The only request included in the instant motions and not addressed on the merits in Sheryll Mizell's prior applications is her prayer for relief from the November 26th order pursuant to CPLR § 5015 (a)(1) through (4). Under those sections, a court may relieve a party from an order upon the following grounds: (1) excusable default, if such motion is made within one year after service of a copy of the judgment or order with written notice of its entry upon the moving party; (2) newly discovered evidence which, if introduced at the trial, would probably have produced a different result; (3) fraud, misrepresentation or other misconduct of an adverse party; or (4) if the court lacked jurisdiction to render the judgment or order.

CPLR § 5015 (a)(1) is not an applicable section of the law for Sheryll Mizell to utilize to challenge the November 26th order. CPLR § 5015(a)(1) contemplates a situation in which an order or judgment is entered on default and a party has not had an opportunity to be heard on the merits. However, Sheryll Mizell submitted written opposition to the plaintiff's motion for summary judgment and order of reference on June 7, 2010. Consequently, the November 26th order, with respect to Sheryll Mizell, was not issued on default (see generally Omega Diagnostic Imaging, P.C. v MVAIC, 30 Misc 3d 143(A) [App Term 2d, 11th, § 13th Jud. Dist. 2011]; M & C Bros., Inc. v Torum, 75 AD3d 869 [3d Dept 2010]).

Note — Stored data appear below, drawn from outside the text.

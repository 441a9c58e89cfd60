-- ===== src/Config/Pools.antt =====
-- src/margo-config.c: references and the two pools of an instance against removals.
use Prim.Native.String.{String}
use mochi_margo.Mercury.{HgReturn, success, permission}
use mochi_margo.Base.{
  ℕ, zero, suc, ◌+◌, ◌-◌, ◌%◌, ◌^◌, ◌<◌, ◌≤◌, ◌≡◌, ◌≢◌, ◌⊎◌, inl, inr, refl, ap, ◌∙◌, sym, false,
  Bool-cases, ◌==◌, if◌then◌else◌, null, Option, none, some, Option-cases, List, [], ◌∷◌, length,
  length-set, get_elem?-none, get_elem?, arith, set, take,
}
use mochi_margo.Registry.Defs.{swap_remove}
use mochi_margo.Registry.Totals.{number, total-swap_remove}
use mochi_margo.AbtConfig.Counts.{has_handle}
use mochi_margo.AbtConfig.Entries.{PoolEntry, Abt, find_pool_by_name, find_pool_by_handle}
use mochi_margo.AbtConfig.Xstreams.{pool_in, or_null}
use mochi_margo.AbtConfig.Arrays.{remove_pool, remove_empty}
use mochi_margo.AbtConfig.Lifetime.{removed_pool}
use mochi_margo.Config.Defs.{pool_slot, Key, LockEvent, ref_incr, one_ref_more, locate, at_index}
use mochi_margo.Config.Laws.{get_elem?-modify_at, incr_place, located}
use mochi_margo.Config.Instance.{
  Instance, progress_pool, rpc_pool, with_abt, remove_at, remove_found, remove_pool_by_index,
  remove_pool_by_name, remove_pool_by_handle,
}

-- A pool that a reference was added to is not removed, at whatever index the key leads to: the
-- removal is refused and changes nothing, if the number of references does not wrap around.
pub referenced_pool_stays :
    (total_size : ℕ → Option ℕ) (abt : Abt) (pools : List PoolEntry) (k : Key) (t : List LockEvent)
    (i : ℕ)
    → ((j : ℕ) (p : PoolEntry) → get_elem? abt.pools j ≡ some p → p.refcount + 1 < 2 ^ 32)
    → ref_incr pool_slot (some abt.pools) k ≡ (success, some pools, t)
    → locate pool_slot abt.pools k ≡ at_index i
    → remove_pool total_size (record abt { pools = pools }) i
      ≡ (permission, record abt { pools = pools })
unfolding remove_pool
referenced_pool_stays total_size abt pools k t i small e place =
    let (j, there, changed, _) = incr_place pool_slot abt.pools pools k t e in
    let same : i ≡ j = ground (arith, there, place) in
    let (p, at) = located pool_slot abt.pools k j there in
    let more : get_elem? pools i ≡ some (one_ref_more pool_slot p) =
      ap (get_elem? pools) same
      ∙ ap (λ l. get_elem? l j) changed
      ∙ get_elem?-modify_at (one_ref_more pool_slot) abt.pools j p at in
    let some_ref : ((p.refcount + 1) % 2 ^ 32 == 0) ≡ false = ground (arith, small j p at) in
    rw (more, some_ref) refl

-- The removals of a pool, by index, by name and by handle.
pub data Removal : Type 0 where
  of_index : ℕ → Removal
  of_name : Option String → Removal
  of_handle : ℕ → Removal

abbrev pub remove : (total_size : ℕ → Option ℕ) → Instance → Removal → HgReturn × Option Instance
remove total_size mid (of_index i) = remove_pool_by_index total_size (some mid) i
remove total_size mid (of_name s) = remove_pool_by_name total_size (some mid) s
remove total_size mid (of_handle h) = remove_pool_by_handle total_size (some mid) h

-- How many pools of the instance there are with a handle; none in a null instance.
abbrev pub registered : ℕ → Option Instance → ℕ
registered h none = 0
registered h (some mid) = number (has_handle h) mid.abt.pools

-- The pools with a handle that is not removed.
others_stay :
    (total_size : ℕ → Option ℕ) (abt : Abt) (i h : ℕ) (p : PoolEntry)
    → get_elem? abt.pools i ≡ some p
    → p.pool ≢ h
    → number (has_handle h) (remove_pool total_size abt i).1.pools ≡ number (has_handle h) abt.pools
unfolding remove_pool
others_stay total_size abt i h p at other = rw at (elim (Bool-cases (p.refcount == 0)) [
  | inr n ↦ rw n refl
  | inl y ↦ rw y (elim (Bool-cases (p.num_xstreams == 0)) [
    | inr n ↦ rw n refl
    | inl z ↦ rw z (by_size (total_size p.pool))
  ])
])
  where
    by_size :
        (o : Option ℕ)
        → number (has_handle h) (remove_empty abt i p o).1.pools ≡ number (has_handle h) abt.pools
    by_size none = refl
    by_size (some (suc n)) = refl
    by_size (some zero) =
        let there : (p.pool == h) ≡ false = ground (arith, other) in
        ground
          (arith, there, total-swap_remove (λ q. if q.pool == h then 1 else 0) abt.pools i p at)

module _ (total_size : ℕ → Option ℕ) (mid : Instance) (h : ℕ) where
  abbrev pub Stays : HgReturn × Option Instance → Type 0
  Stays r = registered h r.1 ≡ registered h (some mid)

  remove_at-Stays :
      (h ≡ progress_pool mid) ⊎ (h ≡ rpc_pool mid)
      → (i : ℕ) (o : Option PoolEntry) → get_elem? mid.abt.pools i ≡ o
      → Stays (remove_at total_size mid i o)
  remove_at-Stays own i none at = refl
  remove_at-Stays own i (some p) at = elim (Bool-cases (p.pool == progress_pool mid)) [
    | inl y ↦ rw y refl
    | inr n ↦ elim (Bool-cases (p.pool == rpc_pool mid)) [
      | inl y ↦ rw (n, y) refl
      | inr m ↦
          let other : p.pool ≢ h = elim own [
            | inl e ↦ ground (arith, n, e)
            | inr e ↦ ground (arith, m, e)
          ] in
          rw (n, m) (others_stay total_size mid.abt i h p at other)
    ]
  ]

  remove_found-Stays :
      (h ≡ progress_pool mid) ⊎ (h ≡ rpc_pool mid)
      → (o : Option ℕ) → Stays (remove_found total_size mid o)
  remove_found-Stays own none = refl
  remove_found-Stays own (some i) = remove_at-Stays own i (get_elem? mid.abt.pools i) refl

-- No removal, whether by index, by name or by handle, and whatever it returns, takes a pool that has
-- the handle of the progress pool or of the pool for RPCs.
pub own_pools_stay :
    (total_size : ℕ → Option ℕ) (mid : Instance) (r : Removal) (h : ℕ)
    → (h ≡ progress_pool mid) ⊎ (h ≡ rpc_pool mid)
    → registered h (remove total_size mid r).1 ≡ registered h (some mid)
unfolding remove_pool_by_index remove_pool_by_name remove_pool_by_handle
own_pools_stay total_size mid (of_index i) h own =
    remove_at-Stays total_size mid h own i (get_elem? mid.abt.pools i) refl
own_pools_stay total_size mid (of_name s) h own =
    remove_found-Stays total_size mid h own (find_pool_by_name mid.abt.pools s)
own_pools_stay total_size mid (of_handle g) h own =
    remove_found-Stays total_size mid h own (find_pool_by_handle mid.abt.pools g)

length-take : {A : Type 0} (n : ℕ) (xs : List A) → n ≤ length xs → length (take n xs) ≡ n
length-take zero xs h = refl
length-take (suc n) [] h = absurd (omega (arith, h))
length-take (suc n) (x ∷ xs) h = ap suc (length-take n xs (omega (arith, h)))

-- The slot of the last entry is empty after a removal.
last_slot :
    (pools : List PoolEntry) (i : ℕ) (p : PoolEntry)
    → get_elem? pools i ≡ some p
    → get_elem? (swap_remove pools i) (length pools - 1) ≡ none
unfolding swap_remove
last_slot pools i p at = elim (Option-cases (get_elem? pools (length pools - 1))) [
  | inl n ↦ rw (n, n) refl
  | inr (q, last) ↦
      let size : length (take (length pools - 1) (set pools i q)) ≡ length pools - 1 =
        length-take (length pools - 1) (set pools i q) (omega (arith, length-set pools i q)) in
      rw last (
        get_elem?-none (take (length pools - 1) (set pools i q)) (length pools - 1)
          (omega (arith, size)))
]

-- A removal by index that succeeds is one from the arrays.
removed_inside :
    (total_size : ℕ → Option ℕ) (mid after : Instance) (i : ℕ) (o : Option PoolEntry)
    → remove_at total_size mid i o ≡ (success, some after)
    → (abt : Abt) × (remove_pool total_size mid.abt i ≡ (success, abt)) × (with_abt mid abt ≡ after)
removed_inside total_size mid after i none e = absurd (ground (arith, e))
removed_inside total_size mid after i (some p) e = elim (Bool-cases (p.pool == progress_pool mid)) [
  | inl y ↦ absurd (ground (arith, e, y))
  | inr n ↦ elim (Bool-cases (p.pool == rpc_pool mid)) [
    | inl y ↦ absurd (ground (arith, e, n, y))
    | inr m ↦ (
      (remove_pool total_size mid.abt i).1,
      ap (λ c. (c, (remove_pool total_size mid.abt i).1)) (ground (arith, e, n, m)),
      ground (arith, e, n, m),
    )
  ]
]

-- When a pool is removed while the progress pool is the last entry, the entry moves but its index in
-- the instance does not: the progress pool of the instance reads as null right after the removal.
pub moved_progress_pool :
    (total_size : ℕ → Option ℕ) (mid after : Instance) (i : ℕ)
    → mid.progress_pool_idx ≡ length mid.abt.pools - 1
    → remove_pool_by_index total_size (some mid) i ≡ (success, some after)
    → progress_pool after ≡ null
unfolding remove_pool_by_index
moved_progress_pool total_size mid after i last e =
    let (abt, gone, same) = removed_inside total_size mid after i (get_elem? mid.abt.pools i) e in
    let (p, at, _, _, _, changed) = removed_pool total_size mid.abt abt i gone in
    let slot : get_elem? abt.pools mid.progress_pool_idx ≡ none =
      ap (λ a. get_elem? a.pools mid.progress_pool_idx) changed
      ∙ ap (get_elem? (swap_remove mid.abt.pools i)) last
      ∙ last_slot mid.abt.pools i p at in
    ap progress_pool (sym same) ∙ ap (λ o. or_null (pool_in o)) slot
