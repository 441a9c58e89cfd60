-- ===== src/Config/Tests.antt =====
-- src/margo-config.c: the theorems at concrete pools.
use Prim.Native.String.{String}
use mochi_margo.Mercury.{success, permission}
use mochi_margo.Base.{
  ℕ, zero, suc, ◌+◌, ◌<◌, ◌≡◌, inl, refl, true, false, null, Option, some, List, [], ◌∷◌, get_elem?,
  arith,
}
use mochi_margo.Registry.Defs.{find_first, modify_at}
use mochi_margo.AbtConfig.Entries.{PoolEntry, Abt}
use mochi_margo.AbtConfig.Arrays.{remove_pool}
use mochi_margo.Config.Defs.{
  pool_slot, by_handle, by_name, Info, both_ways, locate, ref_count, ref_incr, release,
}
use mochi_margo.Config.Laws.{ref_incr-release}
use mochi_margo.Config.Defs.{lock, unlock}
use mochi_margo.Config.Instance.{Instance, progress_pool, remove_pool_by_index}
use mochi_margo.Config.Pools.{
  referenced_pool_stays, own_pools_stay, moved_progress_pool, of_index, remove, registered,
}

abbrev pool_at : String → ℕ → ℕ → PoolEntry
pool_at name pool refs = record {
  name = name;
  pool = pool;
  kind = "fifo_wait";
  access = some "mpmc";
  refcount = refs;
  num_xstreams = 0;
  margo_free_flag = true;
  used_by_primary = false;
}

abbrev two_pools : List PoolEntry
two_pools = pool_at "a" 7 0 ∷ pool_at "b" 8 1 ∷ []

abbrev referenced : List PoolEntry
referenced = pool_at "a" 7 0 ∷ pool_at "b" 8 2 ∷ []

small : (i : ℕ) (p : PoolEntry) → get_elem? two_pools i ≡ some p → p.refcount + 1 < 4294967296
small zero p e = ground (arith, e)
small (suc zero) p e = ground (arith, e)
small (suc (suc i)) p e = absurd (ground (arith, e))

ref_incr-release_example :
    (n : ℕ) × (both_ways ≡ lock ∷ unlock ∷ [])
    × (ref_count pool_slot (some two_pools) (by_name (some "b")) ≡ (success, some n, both_ways))
    × (ref_count pool_slot (some referenced) (by_name (some "b"))
        ≡ (success, some (n + 1), both_ways))
    × (release pool_slot (some referenced) (by_name (some "b"))
        ≡ (success, some two_pools, both_ways))
unfolding ref_incr locate find_first modify_at
ref_incr-release_example =
    ref_incr-release pool_slot two_pools referenced (by_name (some "b")) both_ways small refl

abbrev info_b : Info
info_b = record { index = 1; name = "b"; handle = 8 }

abbrev arrays : List PoolEntry → Abt
arrays pools = record {
  pools = pools;
  pools_cap = 4;
  xstreams = [];
  xstreams_cap = 1;
  freed = [];
  joined = [];
}

abbrev empty_size : ℕ → Option ℕ
empty_size pool = some 0

referenced_pool_stays_example :
    remove_pool empty_size (arrays referenced) 1 ≡ (permission, arrays referenced)
unfolding ref_incr locate find_first modify_at
referenced_pool_stays_example =
    referenced_pool_stays empty_size (arrays two_pools) referenced (by_handle 8) both_ways 1 small
      refl refl

-- An instance whose progress pool and pool for RPCs is the last of its pools.
abbrev mid : Instance
mid = record { abt = arrays two_pools; progress_pool_idx = 1; rpc_pool_idx = 1 }

own_pools_stay_example :
    registered 8 (remove empty_size mid (of_index 1)).1 ≡ registered 8 (some mid)
own_pools_stay_example = own_pools_stay empty_size mid (of_index 1) 8 (inl refl)

abbrev without_first : Instance
without_first = record mid { abt = record (arrays (pool_at "b" 8 1 ∷ [])) { freed = 7 ∷ [] } }

moved_progress_pool_example : progress_pool without_first ≡ null
unfolding remove_pool_by_index
moved_progress_pool_example = moved_progress_pool empty_size mid without_first 0 refl refl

Sheryll Mizell has also failed to set forth arguments or proffer any evidence that would warrant relief from the November 26th order under CPLR § 5015 (a)(2), (3), or (4). Her argument that the decision was "arbitrary and capricious" is misplaced, because the arbitrary and capricious standard of review is generally utilized by courtswhen evaluating the rationality, or lack thereof, of certain forms of administrative determinations (Halperin v City of New Rochelle, 24 AD3d 768 9 [2d Dept 2005]). Sheryll Mizell's moving papers included challenges to the substantive legal underpinnings of the decision and allegations that the court was not fair and impartial. However, this court is without the authority or is precluded as a matter of law from addressing those issues.

The grounds for relief provided in Ophelia Mizell's cross-motion are inartfully stated, but it appears that she is requesting vacatur of the November 26th order pursuant to CPLR § 5015 (a)(4), or, alternatively, 5015 (a)(1). Ophelia Mizell is also requesting that the court set aside her default in appearing in the action and that the court schedule a hearing to give her an opportunity to establish that the deed, upon which the mortgage is based, is void. [*4]

CPLR § 5015 (a)(4) provides relief from an order upon a showing that the court was without jurisdiction to render the judgment or order. When the court's jurisdiction is in issue, the plaintiff has the burden of proving by a preponderance of the evidence that personal jurisdiction was acquired over a defendant (Wells Fargo Bank, NA v Chaplin, 65 AD3d 588 [2dDept 2009] citing Bankers Trust Co. of California, N.A. v Tsoukas, 303 AD2d 343, 344 [2d Dept 2003]; Frankel v Schilling, 149 AD2d 657, 659 [2d Dept 1989]). A process server's affidavit of service establishes prima facie proof of the method of service and gives rise to a presumption of proper service (US Consults v APG, Inc., 82 AD3d 753 [2d Dept 2011]; Bank of New York v Segui, 68 AD3d 908 [2d Dept 2009]; Household Fin. Realty Corp. of NY v Brown, 13 AD3d 340 [2d Dept 2004]). The presumption of proper service of process may be rebutted and a plaintiff may be required to establish jurisdiction at a hearing by a preponderance of the evidence when there is a sworn denial containing specific facts showing that a defendant was not served with process (Wells Fargo Bank, NA v Chaplin, 65 AD3d 588 [2dDept 2009]; Mortgage Access Corp. v Webb, 11 AD3d 592 [2d Dept 2004; Bankers Trust Co. of California, N.A. v Tsoukas, 303 AD2d 343, 344 [2d Dept 2003]). A defendant who fails to swear to specific facts that rebut the statements in the process server's affidavit is not entitled to a hearing on the issue of service (Chichester v Alal-Amin Grocery & Halal Meat, 100 AD3d 8210 [2d Dept 2012]; US Bank v Arias, 85 AD3d 1014 [2d Dept 2011]; Countrywide Home Loans Servicing, LP v Albert, 78 AD3d983 [2d Dept 2010]; Scarano v Scarano, 63 AD3d 716 [2d Dept 2009]).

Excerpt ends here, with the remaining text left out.